=== ASSIGNMENT ===
Return the lines below in which the string "htons" occurs.
[[ EXERCISE MATERIALS open ]]
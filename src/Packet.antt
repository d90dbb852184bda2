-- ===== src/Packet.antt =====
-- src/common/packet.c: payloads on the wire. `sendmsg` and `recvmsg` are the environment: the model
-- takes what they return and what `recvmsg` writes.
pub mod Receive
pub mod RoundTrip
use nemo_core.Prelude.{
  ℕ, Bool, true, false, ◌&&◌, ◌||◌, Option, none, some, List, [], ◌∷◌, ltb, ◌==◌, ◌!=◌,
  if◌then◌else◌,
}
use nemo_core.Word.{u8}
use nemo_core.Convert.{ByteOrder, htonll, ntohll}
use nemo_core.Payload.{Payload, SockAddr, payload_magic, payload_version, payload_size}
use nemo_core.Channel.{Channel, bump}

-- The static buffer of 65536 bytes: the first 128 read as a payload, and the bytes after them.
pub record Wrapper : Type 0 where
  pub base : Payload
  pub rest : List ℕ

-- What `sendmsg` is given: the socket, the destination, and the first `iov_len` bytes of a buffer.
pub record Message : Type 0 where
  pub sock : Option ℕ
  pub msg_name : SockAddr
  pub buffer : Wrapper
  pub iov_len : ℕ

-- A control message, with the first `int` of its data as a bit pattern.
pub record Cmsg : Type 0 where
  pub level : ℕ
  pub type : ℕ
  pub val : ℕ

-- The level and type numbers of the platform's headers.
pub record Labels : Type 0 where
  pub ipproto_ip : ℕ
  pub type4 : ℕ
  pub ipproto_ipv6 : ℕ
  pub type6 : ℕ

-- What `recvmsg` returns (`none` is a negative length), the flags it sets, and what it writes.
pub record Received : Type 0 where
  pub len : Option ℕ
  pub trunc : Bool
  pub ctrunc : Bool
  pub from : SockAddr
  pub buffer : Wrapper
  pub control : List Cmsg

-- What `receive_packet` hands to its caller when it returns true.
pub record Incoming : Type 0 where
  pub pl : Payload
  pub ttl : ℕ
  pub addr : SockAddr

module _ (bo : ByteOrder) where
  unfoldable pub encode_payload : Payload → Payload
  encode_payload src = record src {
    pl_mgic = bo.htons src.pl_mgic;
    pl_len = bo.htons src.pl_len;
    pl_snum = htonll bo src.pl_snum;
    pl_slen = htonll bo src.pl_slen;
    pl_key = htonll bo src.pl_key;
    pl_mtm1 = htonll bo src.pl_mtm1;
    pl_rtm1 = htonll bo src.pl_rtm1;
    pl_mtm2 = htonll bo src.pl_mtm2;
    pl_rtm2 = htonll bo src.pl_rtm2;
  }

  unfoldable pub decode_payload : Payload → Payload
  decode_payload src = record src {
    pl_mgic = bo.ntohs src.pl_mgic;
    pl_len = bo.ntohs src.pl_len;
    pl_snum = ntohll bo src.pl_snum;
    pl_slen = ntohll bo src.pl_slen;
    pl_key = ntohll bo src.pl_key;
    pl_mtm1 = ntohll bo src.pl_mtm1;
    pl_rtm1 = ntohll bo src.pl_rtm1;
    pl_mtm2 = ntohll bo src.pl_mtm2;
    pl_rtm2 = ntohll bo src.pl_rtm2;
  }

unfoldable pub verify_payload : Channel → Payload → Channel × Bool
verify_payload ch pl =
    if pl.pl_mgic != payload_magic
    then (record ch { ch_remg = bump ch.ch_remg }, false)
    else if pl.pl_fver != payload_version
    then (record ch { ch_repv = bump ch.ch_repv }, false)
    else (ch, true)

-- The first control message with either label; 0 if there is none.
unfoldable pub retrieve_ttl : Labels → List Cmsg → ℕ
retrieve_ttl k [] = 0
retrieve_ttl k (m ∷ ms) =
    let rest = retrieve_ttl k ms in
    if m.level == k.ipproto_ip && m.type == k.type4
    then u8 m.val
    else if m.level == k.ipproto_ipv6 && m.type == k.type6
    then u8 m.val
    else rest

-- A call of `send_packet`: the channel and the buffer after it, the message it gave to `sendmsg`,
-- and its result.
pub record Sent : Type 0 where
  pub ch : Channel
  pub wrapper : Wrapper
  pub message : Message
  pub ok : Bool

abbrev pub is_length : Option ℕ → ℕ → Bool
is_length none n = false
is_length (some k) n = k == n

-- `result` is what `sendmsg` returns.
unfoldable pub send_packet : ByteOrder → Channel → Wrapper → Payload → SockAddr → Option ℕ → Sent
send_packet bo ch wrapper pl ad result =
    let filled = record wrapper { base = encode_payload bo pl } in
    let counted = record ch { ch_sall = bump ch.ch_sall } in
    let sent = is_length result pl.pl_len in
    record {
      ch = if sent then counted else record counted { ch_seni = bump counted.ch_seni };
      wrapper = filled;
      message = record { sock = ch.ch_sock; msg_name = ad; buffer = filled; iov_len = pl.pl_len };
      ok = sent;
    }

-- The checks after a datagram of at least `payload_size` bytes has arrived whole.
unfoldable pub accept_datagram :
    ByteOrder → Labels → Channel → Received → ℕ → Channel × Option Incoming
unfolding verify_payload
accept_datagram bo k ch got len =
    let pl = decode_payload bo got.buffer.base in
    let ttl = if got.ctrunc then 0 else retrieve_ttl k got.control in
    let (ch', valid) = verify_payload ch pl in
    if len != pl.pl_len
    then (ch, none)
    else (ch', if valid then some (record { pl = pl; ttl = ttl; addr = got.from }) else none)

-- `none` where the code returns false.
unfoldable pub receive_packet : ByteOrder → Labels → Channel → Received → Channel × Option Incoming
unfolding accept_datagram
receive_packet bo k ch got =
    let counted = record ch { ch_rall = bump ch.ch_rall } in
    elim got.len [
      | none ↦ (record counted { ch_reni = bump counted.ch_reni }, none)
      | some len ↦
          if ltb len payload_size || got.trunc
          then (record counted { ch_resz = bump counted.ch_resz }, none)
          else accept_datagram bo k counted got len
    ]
[[ EXERCISE MATERIALS closed ]]
=== RESULT OF THIS TASK ===
    pl_mgic = bo.htons src.pl_mgic;
    pl_len = bo.htons src.pl_len;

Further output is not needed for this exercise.